**Work order:** Only one span of the listing below should come back. It runs from the line with "text_eq String.[] (String.◌∷◌ d t) = false" through the line with "-- No character of a text has the number.", and each of its lines must be reproduced exactly.

**Dataset content:**
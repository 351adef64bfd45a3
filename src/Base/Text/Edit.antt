-- ===== src/Base/Text/Edit.antt =====
-- More of Rust's `str`: trimming, comparing, finding a character and cutting a text. Positions count
-- characters, where Rust's count bytes: they order and cut a text alike.
use Prim.Native.Nat.{ℕ, zero, suc, ◌+◌}
use Prim.Native.Char.{Char, code}
use Prim.Native.String.{String}
use mathlib.Core.Path.{◌≡◌, refl, ap}
use mathlib.Core.Bool.{Bool, true, false, ◌&&◌}
use native.Mathlib.Omega.{arith}
use mathlib.Core.Option.{Option, none, some}
use zoned.Base.Tests.{◌==◌, if◌then◌else◌}
use mathlib.Core.List.{List, [], ◌∷◌}
use zoned.Base.Text.{push, is_whitespace, onto_first}

abbrev is_blank : String → Bool
is_blank String.[] = true
is_blank (String.◌∷◌ c s) = false

abbrev pub trim_end : String → String
trim_end String.[] = String.[]
trim_end (String.◌∷◌ c s) =
    let rest : String = trim_end s in
    if is_blank rest && is_whitespace c then String.[] else String.◌∷◌ c rest

abbrev pub trim_start : String → String
trim_start String.[] = String.[]
trim_start (String.◌∷◌ c s) =
    let rest : String = trim_start s in if is_whitespace c then rest else String.◌∷◌ c s

abbrev pub trim : String → String
trim s = trim_end (trim_start s)

abbrev pub text_eq : String → String → Bool
text_eq String.[] String.[] = true
text_eq String.[] (String.◌∷◌ d t) = false
text_eq (String.◌∷◌ c s) String.[] = false
text_eq (String.◌∷◌ c s) (String.◌∷◌ d t) = code c == code d && text_eq s t

abbrev pub size : String → ℕ
size String.[] = 0
size (String.◌∷◌ c s) = suc (size s)

abbrev next_position : Option ℕ → Option ℕ
next_position none = none
next_position (some i) = some (suc i)

-- `find` of a character.
unfoldable pub find_char : ℕ → String → Option ℕ
find_char n String.[] = none
find_char n (String.◌∷◌ c s) =
    let rest : Option ℕ = find_char n s in if code c == n then some 0 else next_position rest

abbrev pub take_text : ℕ → String → String
take_text zero s = String.[]
take_text (suc n) String.[] = String.[]
take_text (suc n) (String.◌∷◌ c s) = String.◌∷◌ c (take_text n s)

abbrev pub drop_text : ℕ → String → String
drop_text zero s = s
drop_text (suc n) String.[] = String.[]
drop_text (suc n) (String.◌∷◌ c s) = drop_text n s

-- No character of a text has the number.
abbrev pub Lacks : ℕ → String → Type 0
Lacks n String.[] = Unit {0}
Lacks n (String.◌∷◌ c s) = ((code c == n) ≡ false) × Lacks n s

pub find_char-push :
    (n : ℕ) (s : String) (c : Char) (t : String)
    → Lacks n s
    → (code c == n) ≡ true
    → find_char n (push s (String.◌∷◌ c t)) ≡ some (size s)
unfolding find_char
find_char-push n String.[] c t h k = rw k refl
find_char-push n (String.◌∷◌ d s) c t h k = rw h.0 (ap next_position (find_char-push n s c t h.1 k))

pub drop_text-push : (s t : String) → drop_text (size s) (push s t) ≡ t
drop_text-push String.[] t = refl
drop_text-push (String.◌∷◌ c s) t = drop_text-push s t

pub take_text-push : (s t : String) → take_text (size s) (push s t) ≡ s
take_text-push String.[] t = refl
take_text-push (String.◌∷◌ c s) t = ap (String.◌∷◌ c) (take_text-push s t)

pub push_assoc : (s t u : String) → push (push s t) u ≡ push s (push t u)
push_assoc String.[] t u = refl
push_assoc (String.◌∷◌ c s) t u = ap (String.◌∷◌ c) (push_assoc s t u)

pub Lacks-push : (n : ℕ) (s t : String) → Lacks n s → Lacks n t → Lacks n (push s t)
Lacks-push n String.[] t h k = k
Lacks-push n (String.◌∷◌ c s) t h k = (h.0, Lacks-push n s t h.1 k)

pub size-push : (s t : String) → size (push s t) ≡ size s + size t
size-push String.[] t = omega arith
size-push (String.◌∷◌ c s) t = omega (arith, size-push s t)

-- The parts of a path, without its empty ones and those that are a dot.
segments : String → List String
segments String.[] = String.[] ∷ []
segments (String.◌∷◌ c s) =
    let rest : List String = segments s in
    if code c == 47 then String.[] ∷ rest else onto_first c rest

last_component : Option String → List String → Option String
last_component found [] = found
last_component found (s ∷ ss) =
    let skipped : Option String = last_component found ss in
    let kept : Option String = last_component (some s) ss in
    if is_blank s then skipped else if text_eq s "." then skipped else kept

not_parent : Option String → Option String
not_parent none = none
not_parent (some s) = if text_eq s ".." then none else some s

-- `Path::file_name`.
unfoldable pub file_name : String → Option String
unfolding segments last_component not_parent
file_name path = not_parent (last_component none (segments path))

**Answer for the task:**
text_eq String.[] (String.◌∷◌ d t) = false
text_eq (String.◌∷◌ c s) String.[] = false
text_eq (String.◌∷◌ c s) (String.◌∷◌ d t) = code c == code d && text_eq s t

abbrev pub size : String → ℕ
size String.[] = 0
size (String.◌∷◌ c s) = suc (size s)

abbrev next_position : Option ℕ → Option ℕ
next_position none = none
next_position (some i) = some (suc i)

-- `find` of a character.
unfoldable pub find_char : ℕ → String → Option ℕ
find_char n String.[] = none
find_char n (String.◌∷◌ c s) =
    let rest : Option ℕ = find_char n s in if code c == n then some 0 else next_position rest

abbrev pub take_text : ℕ → String → String
take_text zero s = String.[]
take_text (suc n) String.[] = String.[]
take_text (suc n) (String.◌∷◌ c s) = String.◌∷◌ c (take_text n s)

abbrev pub drop_text : ℕ → String → String
drop_text zero s = s
drop_text (suc n) String.[] = String.[]
drop_text (suc n) (String.◌∷◌ c s) = drop_text n s

-- No character of a text has the number.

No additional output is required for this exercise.